-- ===== src/Clients/Wired.antt =====
-- ClientManager: its two maps and the sessions of its file transfers, and how one entry changes them.
use quick_desk.Base.{
  ℕ, suc, ◌≡◌, sym, ◌∙◌, ap, ◌≤◌, inl, inr, true, false, not, ◌&&◌, ◌||◌, String, List, none, some,
  arith, str_eq, is_empty, string_eq, eq_iff, Bool-cases, Option-cases,
}
use quick_desk.Base.Dict.{
  lookup, insert, erase, has_key, lookup-insert_cases, lookup-insert_self, lookup-insert_other,
  lookup-erase_cases, lookup-erase_other, other_key,
}
use quick_desk.Transfer.Data.{TransferQueue}
use quick_desk.Transfer.Sessions.{end_session}
use quick_desk.Transfer.Kept.{end_session_sessions}
use quick_desk.Clients.State.{rtc_connected, ConnectionInfo, Settings}

-- The connection with that identifier is in the map, connected.
pub record IsUp (ks : List (String × ConnectionInfo)) (c : String) : Type 0 where
  pub device : String
  pub info : ConnectionInfo
  pub found : lookup device ks ≡ some info
  pub named : info.connection_id ≡ c
  pub up : info.rtc_state ≡ rtc_connected

-- The maps name each other's entries, every identifier was issued, and every file session is that of
-- a connection that is connected.
pub record IsWired (s : Settings) (n : ℕ) (ks : List (String × ConnectionInfo))
    (ids : List (String × String)) (q : TransferQueue) : Type 0 where
  pub own :
      (d : String) (k : ConnectionInfo)
      → lookup d ks ≡ some k
      → (k.device_id ≡ d) × (lookup k.connection_id ids ≡ some d)
  pub back :
      (c d : String)
      → lookup c ids ≡ some d
      → (k : ConnectionInfo) × (lookup d ks ≡ some k) × (k.connection_id ≡ c)
  pub issued : (c d : String) → lookup c ids ≡ some d → (j : ℕ) × (c ≡ s.conn_name j) × (j ≤ n)
  pub live : (c : String) → has_key c q.sessions ≡ true → (is_empty c ≡ false) × IsUp ks c

module _ {s : Settings} {n : ℕ} {ks : List (String × ConnectionInfo)} {ids : List (String × String)}
    {q : TransferQueue} where
  -- The session of a device's connection says that the connection is connected.
  pub live_at :
      (d : String) (k : ConnectionInfo)
      → IsWired s n ks ids q
      → lookup d ks ≡ some k
      → has_key k.connection_id q.sessions ≡ true
      → (is_empty k.connection_id ≡ false) × (k.rtc_state ≡ rtc_connected)
  live_at d k w e h =
      let (full, u) = w.live k.connection_id h in
      let mine = (w.own d k e).1 in
      let its = (w.own u.device u.info u.found).1 in
      let same : d ≡ u.device = cc (mine, its, u.named) in
      let one : k ≡ u.info = cc (e, u.found, same) in
      (full, ap (λ (x : ConnectionInfo). x.rtc_state) one ∙ u.up)

  pub fewer-IsWired :
      (r : TransferQueue)
      → ((c : String) → has_key c r.sessions ≡ true → has_key c q.sessions ≡ true)
      → IsWired s n ks ids q
      → IsWired s n ks ids r
  fewer-IsWired r sub w = record {
    own = w.own;
    back = w.back;
    issued = w.issued;
    live = λ c h. w.live c (sub c h);
  }

  -- An entry is overwritten by one of the same connection; its session lives on only if the new one
  -- is connected.
  pub update-IsWired :
      (d : String) (old new : ConnectionInfo) (r : TransferQueue)
      → lookup d ks ≡ some old
      → new.connection_id ≡ old.connection_id
      → new.device_id ≡ old.device_id
      → ((c : String)
          → has_key c r.sessions ≡ true
          → (has_key c q.sessions
              || (str_eq old.connection_id c && not (is_empty old.connection_id)))
            ≡ true)
      → (has_key old.connection_id r.sessions ≡ true → new.rtc_state ≡ rtc_connected)
      → IsWired s n ks ids q
      → IsWired s n (insert d new ks) ids r
  update-IsWired d old new r e same_id same_device sub up w = record {
    own = λ x k f. elim (lookup-insert_cases d x new k ks f) [
      | inl (g, v) ↦
          let (a, b) = w.own d old e in (cc (v, g, a, same_device), cc (v, g, b, same_id))
      | inr (g, f') ↦ w.own x k f'
    ];
    back = λ c x f.
        let (k, g, named) = w.back c x f in
        elim (Bool-cases (str_eq d x)) [
          | inl same ↦
              let t : d ≡ x = (eq_iff d x).0 same in
              (new, cc (lookup-insert_self d new ks, t), cc (same_id, named, e, g, t))
          | inr other ↦ (k, lookup-insert_other d x new ks other ∙ g, named)
        ];
    issued = w.issued;
    live = λ c h.
        let fresh : old.connection_id ≡ c → IsUp (insert d new ks) c = λ t. record {
          device = d;
          info = new;
          found = lookup-insert_self d new ks;
          named = same_id ∙ t;
          up = up (cc (h, t));
        } in
        elim (Bool-cases (has_key c q.sessions)) [
          | inl was ↦
              let (full, u) = w.live c was in
              (
                full,
                elim (Bool-cases (str_eq d u.device)) [
                  | inl same ↦
                      let t : d ≡ u.device = (eq_iff d u.device).0 same in
                      let one : old ≡ u.info = cc (e, u.found, t) in
                      fresh (ap (λ (x : ConnectionInfo). x.connection_id) one ∙ u.named)
                  | inr other ↦ record {
                    device = u.device;
                    info = u.info;
                    found = lookup-insert_other d u.device new ks other ∙ u.found;
                    named = u.named;
                    up = u.up;
                  }
                ],
              )
          | inr not_yet ↦
              let t : old.connection_id ≡ c =
                (eq_iff old.connection_id c).0 (ground (arith, sub c h, not_yet)) in
              (ap is_empty (sym t) ∙ ground (arith, sub c h, not_yet), fresh t)
        ];
  }

  -- A connection goes, with its entry in the other map and its session.
  pub erase-IsWired :
      (d : String) (old : ConnectionInfo)
      → lookup d ks ≡ some old
      → IsWired s n ks ids q
      → IsWired s n (erase d ks) (erase old.connection_id ids) (end_session old.connection_id q)
  erase-IsWired d old e w = record {
    own = λ x k f.
        let (other, f') = lookup-erase_cases d x k ks f in
        let (a, b) = w.own x k f' in
        (
          a,
          elim (Bool-cases (str_eq old.connection_id k.connection_id)) [
            | inl same ↦
                let t : old.connection_id ≡ k.connection_id = (eq_iff _ _).0 same in
                let one : d ≡ x = cc ((w.own d old e).1, b, t) in
                absurd (cc (other, (eq_iff d x).1 one))
            | inr other_id ↦ lookup-erase_other old.connection_id k.connection_id ids other_id ∙ b
          ],
        );
    back = λ c x f.
        let (other_id, f') = lookup-erase_cases old.connection_id c x ids f in
        let (k, g, named) = w.back c x f' in
        elim (Bool-cases (str_eq d x)) [
          | inl same ↦
              let t : d ≡ x = (eq_iff d x).0 same in
              let one : old ≡ k = cc (e, g, t) in
              absurd (
                cc (
                  other_id,
                  (eq_iff old.connection_id c).1
                      (ap (λ (y : ConnectionInfo). y.connection_id) one ∙ named),
                ))
          | inr other ↦ (k, lookup-erase_other d x ks other ∙ g, named)
        ];
    issued = λ c x f. w.issued c x (lookup-erase_cases old.connection_id c x ids f).1;
    live = λ c h.
        let (was, gone) = end_session_sessions old.connection_id c q h in
        let (full, u) = w.live c was in
        (
          full,
          elim (Bool-cases (str_eq d u.device)) [
            | inl same ↦
                let t : d ≡ u.device = (eq_iff d u.device).0 same in
                let one : old ≡ u.info = cc (e, u.found, t) in
                let named : old.connection_id ≡ c =
                  ap (λ (y : ConnectionInfo). y.connection_id) one ∙ u.named in
                absurd (
                  ground
                    (arith, gone, (eq_iff old.connection_id c).1 named, ap is_empty named ∙ full))
            | inr other ↦ record {
              device = u.device;
              info = u.info;
              found = lookup-erase_other d u.device ks other ∙ u.found;
              named = u.named;
              up = u.up;
            }
          ],
        );
  }

  -- A connection of a device that has none, under an identifier that none has.
  pub add-IsWired :
      (d : String) (new : ConnectionInfo) (m : ℕ)
      → lookup d ks ≡ none
      → lookup new.connection_id ids ≡ none
      → new.device_id ≡ d
      → (j : ℕ) × (new.connection_id ≡ s.conn_name j) × (j ≤ m)
      → n ≤ m
      → IsWired s n ks ids q
      → IsWired s m (insert d new ks) (insert new.connection_id d ids) q
  add-IsWired d new m e e_id device_is its_name n_le w = record {
    own = λ x k f. elim (lookup-insert_cases d x new k ks f) [
      | inl (g, v) ↦ (cc (v, g, device_is), cc (v, g, lookup-insert_self new.connection_id d ids))
      | inr (other, f') ↦
          let (a, b) = w.own x k f' in
          (
            a,
            lookup-insert_other new.connection_id k.connection_id d ids
                  (other_key new.connection_id k.connection_id ids e_id b)
                ∙ b,
          )
    ];
    back = λ c x f. elim (lookup-insert_cases new.connection_id c d x ids f) [
      | inl (g, v) ↦ (new, cc (lookup-insert_self d new ks, v), g)
      | inr (other_id, f') ↦
          let (k, g, named) = w.back c x f' in
          (k, lookup-insert_other d x new ks (other_key d x ks e g) ∙ g, named)
    ];
    issued = λ c x f. elim (lookup-insert_cases new.connection_id c d x ids f) [
      | inl (g, v) ↦ (its_name.0, cc (g, its_name.1), its_name.2)
      | inr (other_id, f') ↦
          let (j, name, le) = w.issued c x f' in (j, name, omega (arith, le, n_le))
    ];
    live = λ c h.
        let (full, u) = w.live c h in
        (
          full,
          record {
            device = u.device;
            info = u.info;
            found =
                lookup-insert_other d u.device new ks (other_key d u.device ks e u.found) ∙ u.found;
            named = u.named;
            up = u.up;
          },
        );
  }

  pub open-IsWired :
      (d : String) (new : ConnectionInfo)
      → ((i j : ℕ) → s.conn_name i ≡ s.conn_name j → i ≡ j)
      → lookup d ks ≡ none
      → new.connection_id ≡ s.conn_name (suc n)
      → new.device_id ≡ d
      → IsWired s n ks ids q
      → IsWired s (suc n) (insert d new ks) (insert new.connection_id d ids) q
  open-IsWired d new inj e id_is device_is w =
      let fresh : lookup new.connection_id ids ≡ none =
        elim (Option-cases (lookup new.connection_id ids)) [
          | inl none_yet ↦ none_yet
          | inr (x, g) ↦
              let (j, name, le) = w.issued new.connection_id x g in
              absurd (omega (arith, inj (suc n) j (sym id_is ∙ name), le))
        ] in
      add-IsWired d new (suc n) e fresh device_is (suc n, id_is, omega arith) (omega arith) w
====================
◆ Activity:
Above are records; repeat only the lines starting at the line with "let one : old ≡ k" and ending at the line with "(d : String) (new : ConnectionInfo) (m", exactly as they appear, both included.

◆ Answer to the exercise:
              let one : old ≡ k = cc (e, g, t) in
              absurd (
                cc (
                  other_id,
                  (eq_iff old.connection_id c).1
                      (ap (λ (y : ConnectionInfo). y.connection_id) one ∙ named),
                ))
          | inr other ↦ (k, lookup-erase_other d x ks other ∙ g, named)
        ];
    issued = λ c x f. w.issued c x (lookup-erase_cases old.connection_id c x ids f).1;
    live = λ c h.
        let (was, gone) = end_session_sessions old.connection_id c q h in
        let (full, u) = w.live c was in
        (
          full,
          elim (Bool-cases (str_eq d u.device)) [
            | inl same ↦
                let t : d ≡ u.device = (eq_iff d u.device).0 same in
                let one : old ≡ u.info = cc (e, u.found, t) in
                let named : old.connection_id ≡ c =
                  ap (λ (y : ConnectionInfo). y.connection_id) one ∙ u.named in
                absurd (
                  ground
                    (arith, gone, (eq_iff old.connection_id c).1 named, ap is_empty named ∙ full))
            | inr other ↦ record {
              device = u.device;
              info = u.info;
              found = lookup-erase_other d u.device ks other ∙ u.found;
              named = u.named;
              up = u.up;
            }
          ],
        );
  }

  -- A connection of a device that has none, under an identifier that none has.
  pub add-IsWired :
      (d : String) (new : ConnectionInfo) (m : ℕ)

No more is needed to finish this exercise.